First Language Acquisition Settings

Long ago the Danish linguist Otto Jespersen (1922: 40) noted the stark contrast between the almost universal and rather uniform success of children acquiring English as their mother tongue compared to the ‘defective and inexact command’ of the language often achieved by foreign language learners, whose success is also subject to tremendous individual variation. Children produce their first word at about the age of 12 months. By the age of about 18 months most children have an active vocabulary of perhaps 50 words, that is, words they can use, not just understand (Crystal 1986: 93; Saxton 2017: 156). By 24 months children have a command of several hundred words and by the age of six they can at least understand perhaps 10,000 words (Bloom and Markson 1998: 68) or even 14,000 words (Clark 1993: 13).
However, the key to acquiring a language is the acquisition of its syntax; in other words knowing how to combine words to form utterances. Otherwise all one can do is to name things. Although there is variation in the rate (speed) of acquisition of syntax, all children seem to follow more or less the same path (route) (Brown 1973: 272–275). The route remains the same because it is the relative complexity of individual structures which determines the order in which they are acquired regardless of individual differences in children and the exposure they receive to language. Clark and Clark (1977: 295) gave examples of typical utterances by children aged between 12 months and two years eight months. These range from one-word utterances (‘More’ at age 15 months), to two-word utterances (‘More read’ at age 20 months), to what is sometimes called ‘telegraphic speech’ (‘Where go car?’ at age two years one month) and finally to the production of simple sentences (‘What he can ride in?’, or even ‘I want to open it’ at age two years eight months). Some children are much quicker than others at moving through these stages, but, broadly speaking, one-year-olds start with single words and before they are two years old have progressed to two-word utterances. Telegraphic speech, marked by reduced syntax, is characteristic of two-year-olds and by the time they are three, children will be producing simple sentences, some of which may be fully acceptable in the adult language although others such as ‘What he can ride in?’ will still be grammatically deviant (Clark and Clark 1977; Crystal 1986; Saxton 2017).
Just being exposed to language, for example by overhearing the conversations of others, listening to the radio or watching TV, is not enough to acquire a language (Saxton 2017: 95–96). Children can pick up some vocabulary from overheard language or TV but they cannot acquire syntax in this way without interpersonal interaction (Saxton 2017: 96). Language acquisition is intimately linked to the child’s own social interactive needs from the very start (Bloom and Tinker 2001). Even before babies utter their first words at about 12 months of age, people talk to them as if they understood what is being said, and babies do understand some words before they can say their first words. Between the ages of six months and one year children develop the ability to engage in ‘joint attention’, that is, ‘the simultaneous engagement of two or more individuals in mental focus on a single external object of attention’ (Pence Turnbull and Justice 2017: 137). An example would be a parent holding up a toy for a child to look at, or looking at pictures with a child. Joint attention seems to be important for early word learning (Adamson and Chance 1998: 28).

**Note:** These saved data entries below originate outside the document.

-- ===== src/Agent/Reporter/Drained.antt =====
-- What `drain` of internal/agent/reporter.go leaves behind, and that it ends.
use omj_agent.Base.{
  ℕ, suc, ◌≤◌, ◌<◌, ◌≡◌, refl, sym, ap, ◌∙◌, String, Bool, true, false, Option, none, some, List,
  [], ◌∷◌, ◌++◌, ◌==◌, leb, length, ◌⊎◌, inl, inr, arith, lookup, lookup-modify_self, subst,
  Bool-cases, Option-cases, if-intro,
}
use omj_agent.Output.Chunk.{Chunk}
use omj_agent.Output.Buffer.{
  RunOutput, Buffer, without_oldest, drop_oldest, ack_chunks, ack_up_to, next_batch, tail,
}
use omj_agent.Output.Buffer.Batches.{next_batch-IsBatch}
use omj_agent.Client.Errors.{ClientError, is_retryable}
use omj_agent.Client.Backoff.{Floats, Backoff}
use omj_agent.Client.Retry.{RetryResult, done, running, failed, retry, retry_rule}
use omj_agent.Agent.Reporter.{OutputResponse, heartbeat, accept, cancel_process}
use omj_agent.Agent.Reporter.Drain.{Link, Draining, offer, after_beat, attempt_output}

abbrev pub chunks_of : Option RunOutput → ℕ
chunks_of none = 0
chunks_of (some r) = length r.chunks

-- The chunks that the buffer holds of a run.
abbrev pub pending : String → Buffer → ℕ
pending k b = chunks_of (lookup k b.runs)

-- The first of the chunks is acknowledged.
abbrev pub Covers : List Chunk → ℕ → Type 0
Covers [] seq = Unit
Covers (c ∷ cs) seq = c.seq ≤ seq

ack_chunks-pending :
    (k : String) (seq : ℕ) (cs : List Chunk) (b : Buffer) (r : RunOutput)
    → lookup k b.runs ≡ some r
    → r.chunks ≡ cs
    → pending k (ack_chunks k seq cs b) ≤ length cs
unfolding ack_chunks drop_oldest
ack_chunks-pending k seq [] b r e same =
    let empty : pending k b ≡ 0 = ap chunks_of e ∙ ap length same in omega (arith, empty)
ack_chunks-pending k seq (c ∷ cs) b r e same = elim (Bool-cases (leb c.seq seq)) [
  | inr newer ↦
      let all : pending k b ≡ suc (length cs) = ap chunks_of e ∙ ap length same in
      rw (newer, ack_chunks) (omega (arith, all))
  | inl older ↦
      let rest =
        ack_chunks-pending k seq cs (drop_oldest k (c ∷ cs) b) (without_oldest r)
          (lookup-modify_self k without_oldest b.runs r e) (ap tail same) in
      rw (older, ack_chunks) (omega (arith, rest))
]

ack_split-pending :
    (k : String) (seq : ℕ) (b : Buffer) (r : RunOutput) (batch rest : List Chunk)
    → lookup k b.runs ≡ some r
    → r.chunks ≡ batch ++ rest
    → (length batch == 0) ≡ false
    → Covers batch seq
    → pending k (ack_chunks k seq r.chunks b) < length r.chunks
unfolding ack_chunks drop_oldest
ack_split-pending k seq b r [] rest e split some_chunk covers = absurd (ground (arith, some_chunk))
ack_split-pending k seq b r (c ∷ cs) rest e split some_chunk covers =
    let fewer =
      ack_chunks-pending k seq (cs ++ rest) (drop_oldest k (c ∷ (cs ++ rest)) b) (without_oldest r)
        (lookup-modify_self k without_oldest b.runs r e) (ap tail split) in
    let older : leb c.seq seq ≡ true = ground (arith, covers) in
    rw (split, older, ack_chunks) (omega (arith, fewer))

-- An acknowledgement of the first chunk of a batch leaves fewer chunks.
ack_up_to-pending :
    (k : String) (seq : ℕ) (b : Buffer)
    → (length (next_batch k b) == 0) ≡ false
    → Covers (next_batch k b) seq
    → pending k (ack_up_to k seq b) < pending k b
unfolding ack_up_to next_batch
ack_up_to-pending k seq b some_chunk covers = elim (Option-cases (lookup k b.runs)) [
  | inl e ↦ absurd (ground (arith, e, some_chunk))
  | inr (r, e) ↦
      let batch = next_batch-IsBatch k b r e in
      let fewer =
        ack_split-pending k seq b r (next_batch k b) batch.rest e batch.split some_chunk covers in
      let all : pending k b ≡ length r.chunks = ap chunks_of e in
      rw (e, ack_up_to) (omega (arith, fewer, all))
]

split-pending :
    (r : RunOutput) (batch rest : List Chunk)
    → r.chunks ≡ batch ++ rest
    → (length batch == 0) ≡ false
    → 0 < length r.chunks
split-pending r [] rest split some_chunk = absurd (ground (arith, some_chunk))
split-pending r (c ∷ cs) rest split some_chunk =
    let all : length r.chunks ≡ suc (length (cs ++ rest)) = ap length split in omega (arith, all)

-- Where there is a batch, there are chunks.
pub next_batch-pending :
    (k : String) (b : Buffer) → (length (next_batch k b) == 0) ≡ false → 0 < pending k b
unfolding next_batch
next_batch-pending k b some_chunk = elim (Option-cases (lookup k b.runs)) [
  | inl e ↦ absurd (ground (arith, e, some_chunk))
  | inr (r, e) ↦
      let batch = next_batch-IsBatch k b r e in
      let positive = split-pending r (next_batch k b) batch.rest batch.split some_chunk in
      let all : pending k b ≡ length r.chunks = ap chunks_of e in omega (arith, positive, all)
]

module _ (fl : Floats) (run_id : String) (has_process : Bool) where
  heartbeat-buffer :
      (answer : ClientError ⊎ Bool) (p : Draining fl run_id has_process)
      → (heartbeat fl run_id has_process answer p).0.buffer ≡ p.buffer
  unfolding heartbeat cancel_process
  heartbeat-buffer (inl err) p = ground arith
  heartbeat-buffer (inr wanted) p = ground arith

  accept-buffer :
      (response : OutputResponse) (p : Draining fl run_id has_process)
      → (accept fl run_id has_process response p).buffer
        ≡ ack_up_to run_id response.last_output_seq p.buffer
  unfolding accept cancel_process
  accept-buffer response p = ground arith

  -- A call leaves the buffer alone, or the server has answered it and the answer is taken over.
  abbrev Attempted :
      ClientError ⊎ OutputResponse
      → Buffer
      → Draining fl run_id has_process × Option ClientError
      → Type 0
  Attempted answer b r =
      ((err : ClientError) × (r.1 ≡ some err) × (r.0.buffer ≡ b))
      ⊎ ((response : OutputResponse) × (r.1 ≡ none)
          × (answer ≡ inr response)
          × (r.0.buffer ≡ ack_up_to run_id response.last_output_seq b))

  offer-Attempted :
      (batch : List Chunk) (answer : ClientError ⊎ OutputResponse)
      (p : Draining fl run_id has_process)
      → Attempted answer p.buffer (offer fl run_id has_process batch answer p)
  unfolding offer
  offer-Attempted batch (inl err) p = inl (err, refl, ground arith)
  offer-Attempted batch (inr response) p = inr (response, refl, refl, accept-buffer response _)

  after_beat-Attempted :
      (batch : List Chunk) (answer : ClientError ⊎ OutputResponse) (b : Buffer)
      (r : Draining fl run_id has_process × Option ClientError)
      → r.0.buffer ≡ b
      → Attempted answer b (after_beat fl run_id has_process batch answer r)
  unfolding after_beat
  after_beat-Attempted batch answer b (p, some err) same = inl (err, refl, same)
  after_beat-Attempted batch answer b (p, none) same =
      subst (λ x. Attempted answer x (offer fl run_id has_process batch answer p)) same
        (offer-Attempted batch answer p)

  module _ (l : Link fl run_id has_process) (k : ℕ) where
    attempt_output-Attempted :
        (batch : List Chunk) (i : ℕ) (p : Draining fl run_id has_process)
        → Attempted
            (l.append k i batch)
            p.buffer
            (attempt_output fl run_id has_process l k batch i p)
    unfolding attempt_output
    attempt_output-Attempted batch i p =
        if-intro (Attempted (l.append k i batch) p.buffer) p.disconnected
          (λ down.
            after_beat-Attempted batch (l.append k i batch) p.buffer _
              (heartbeat-buffer (l.beat k i) p))
          (λ up. offer-Attempted batch (l.append k i batch) p)

    -- How the attempts of a round end, which began with the buffer `b`.
    abbrev pub Ended : Buffer → RetryResult → Draining fl run_id has_process → Type 0
    Ended b done p = pending run_id p.buffer < pending run_id b
    Ended b (failed err) p = (is_retryable err ≡ false) ⊎ (l.stopped k ≡ true)
    Ended b running p = Unit

    module _ (b : Buffer)
        (acks : (i : ℕ) (response : OutputResponse)
          → l.append k i (next_batch run_id b) ≡ inr response
          → Covers (next_batch run_id b) response.last_output_seq)
        (stops : (i d : ℕ) (err : ClientError) → l.sleep k i d ≡ some err → l.stopped k ≡ true)
        (some_chunk : (length (next_batch run_id b) == 0) ≡ false) where
      -- An attempt that succeeds has had chunks acknowledged.
      accepted-fewer :
          (i : ℕ) (p : Draining fl run_id has_process)
          → p.buffer ≡ b
          → let r = attempt_output fl run_id has_process l k (next_batch run_id b) i p in
            r.1 ≡ none → pending run_id r.0.buffer < pending run_id b
      accepted-fewer i p same e = elim (attempt_output-Attempted (next_batch run_id b) i p) [
        | inl (err, f, kept) ↦ absurd (ground (arith, e, f))
        | inr (response, f, a, acked) ↦
            subst (λ x. pending run_id x < pending run_id b)
              (sym (acked ∙ ap (ack_up_to run_id response.last_output_seq) same))
              (ack_up_to-pending run_id response.last_output_seq b some_chunk (acks i response a))
      ]

      failed-kept :
          (i : ℕ) (p : Draining fl run_id has_process) (err : ClientError)
          → p.buffer ≡ b
          → let r = attempt_output fl run_id has_process l k (next_batch run_id b) i p in
            r.1 ≡ some err → r.0.buffer ≡ b
      failed-kept i p err same e = elim (attempt_output-Attempted (next_batch run_id b) i p) [
        | inl (err', f, kept) ↦ kept ∙ same
        | inr (response, f, a, acked) ↦ absurd (ground (arith, e, f))
      ]

      pub round-Ended :
          (fuel i : ℕ) (f : Backoff fl) (p : Draining fl run_id has_process)
          → p.buffer ≡ b
          → let r =
              retry fl
                (l.random k)
                (attempt_output fl run_id has_process l k (next_batch run_id b))
                (l.sleep k)
                fuel
                i
                f
                p in
            Ended b r.result r.state
      round-Ended =
          retry_rule fl (l.random k)
            (attempt_output fl run_id has_process l k (next_batch run_id b)) (l.sleep k)
            (λ _ _ _ p r. p.buffer ≡ b → Ended b r.result r.state) (λ i f p same. tt)
            (λ fuel i f p e same. accepted-fewer i p same e)
            (λ fuel i f p err e final same. inl final)
            (λ fuel i f p err stop e t z same. inr (stops i _ stop z))
            (λ fuel i f p err r e t z rest same. rest (failed-kept i p err same e))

Once they start to speak, children are trying to produce meaningful utterances rather than just reeling off isolated words (Clark and Clark 1977: 314–316; Elliot 1984: 57; Pence Turnbull and Justice 2017: 180–181). Thus, ‘more’ may mean ‘I want some more’ and ‘no’ may mean ‘I don’t want to go to bed, thank you very much.’ Toddlers try to communicate even though they cannot make all the sounds of the language, do not know the right word and cannot produce full sentences (Clark and Clark 1977: 295, 397–401, 492–496; Saxton 2017: 151–156; 240–244). Child language represents a systematically simplified linguistic system at the phonological, lexical and syntactic levels. At the phonological level, for example, because the voiced velar stop /ɡ/ is more difficult to make than the voiced alveolar stop /d/, /d/ may be substituted for /ɡ/ by two-year-olds, so that ‘go’ becomes ‘doe’ and ‘garden’ becomes ‘darden’ (see Pence Turnbull and Justice 2017: 166–167 on phonological simplification). At the lexical level, ‘garden’ may be used for gardens, parks and all open countryside as well (lexical overextension, see Pence Turnbull and Justice 2017: 179). At the syntactic level, ‘grammatical words’ such as articles and prepositions will be omitted so that ‘telegraphic speech’ will be produced (see Pence Turnbull and Justice 2017: 173). A combination of phonological, lexical and syntactic reduction might result in ‘doe darden’ for ‘I want to go to the park.’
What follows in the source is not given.